Stored data
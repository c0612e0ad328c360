-- ===== src/Lz4/Len.antt =====
-- host-gcc/kompress/lz4len.S: the length of what a block of LZ4 stands for, with the checks of the
-- carry.
use libi.Base.{ℕ, zero, suc, ◌+◌, ◌/◌, ◌%◌, ◌^◌, true, false, Option, none, some}
use libi.Base.{ltb, leb, ◌==◌, if◌then◌else◌}
use libi.Memory.{Far, Memory}
use libi.Lz4.{lodsb, addw}

-- `ouch` is the jump to that label, for a carry; `stuck` is a loop that is out of fuel.
pub data Checked (A : Type 0) : Type 0 where
  ok : A → Checked A
  ouch : Checked A
  stuck : Checked A

infixl 5 ◌>>=◌
abbrev pub ◌>>=◌ : {A B : Type 0} → Checked A → (A → Checked B) → Checked B
Checked.ok x >>= f = f x
Checked.ouch >>= f = Checked.ouch
Checked.stuck >>= f = Checked.stuck

-- An addition to a 16-bit register, and `jc .ouch`.
unfoldable pub add_ckd : ℕ → ℕ → Checked ℕ
add_ckd a b = if leb (2 ^ 16) (a + b) then Checked.ouch else Checked.ok (a + b)

-- The loop of `.full_len_ckd`: SI and CX behind it.
unfoldable pub add_bytes_ckd : ℕ → Memory → ℕ → ℕ → ℕ → Checked (ℕ × ℕ)
unfolding lodsb addw add_ckd
add_bytes_ckd zero mem ds si cx = Checked.stuck
add_bytes_ckd (suc fuel) mem ds si cx = do
  let al = lodsb mem ds si
  cx' ← add_ckd cx al
  elim (al == 0xff) [
    | true ↦ add_bytes_ckd fuel mem ds (addw si 1) cx'
    | false ↦ Checked.ok (addw si 1, cx')
  ]

-- `.full_len_ckd`, on the fuel of `.full_len`.
unfoldable pub full_len_ckd : Memory → ℕ → ℕ → ℕ → Checked (ℕ × ℕ)
full_len_ckd mem ds si cx =
    if cx == 0x0f then add_bytes_ckd (2 ^ 16) mem ds si cx else Checked.ok (si, cx)

-- The literals of one pass of `.loopy`: SI and DI behind them.
unfoldable pub skip_literals : Memory → ℕ → ℕ → ℕ → ℕ → Checked (ℕ × ℕ)
unfolding full_len_ckd addw add_ckd
skip_literals mem ds dl si di = do
  (si', cx) ← full_len_ckd mem ds si (dl / 2 ^ 4)
  di' ← add_ckd di cx
  Checked.ok (addw si' cx, di')

-- The match of one pass of `.loopy`, from `lodsw`.
unfoldable pub skip_match : Memory → ℕ → ℕ → ℕ → ℕ → Checked (ℕ × ℕ)
unfolding full_len_ckd addw add_ckd
skip_match mem ds dl si di = do
  (si', cx) ← full_len_ckd mem ds (addw si 2) (dl % 2 ^ 4)
  cx' ← add_ckd cx 4
  di' ← add_ckd di cx'
  Checked.ok (si', di')

-- The loop from `.loopy` to `.done`: DI behind it.
unfoldable pub len_loop : ℕ → Memory → ℕ → ℕ → ℕ → ℕ → Checked ℕ
unfolding skip_literals skip_match lodsb addw
len_loop zero mem ds bx si di = Checked.stuck
len_loop (suc fuel) mem ds bx si di = elim (ltb si bx) [
  | false ↦ Checked.ok di
  | true ↦ do
    let dl = lodsb mem ds si
    (si', di') ← skip_literals mem ds dl (addw si 1) di
    elim (ltb si' bx) [
      | false ↦ Checked.ok di'
      | true ↦ do (si'', di'') ← skip_match mem ds dl si' di'; len_loop fuel mem ds bx si'' di''
    ]
]

-- What `.done` and `.ouch` leave in AX.
unfoldable pub unpack_len : Checked ℕ → Option ℕ
unpack_len (Checked.ok di) = some di
unpack_len Checked.ouch = some 0
unpack_len Checked.stuck = none

-- `_lz4len`, with fuel for the passes of the loop.
unfoldable pub lz4len : ℕ → Far → ℕ → Memory → Option ℕ
unfolding len_loop unpack_len addw
lz4len fuel blk_src blk_sz mem =
    unpack_len (len_loop fuel mem blk_src.seg (addw blk_src.off blk_sz) blk_src.off 0)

= TASK OBJECTIVE =
Work out how many lines in the data above contain the word "none" and respond with that number only.

= ANSWER BELOW =
2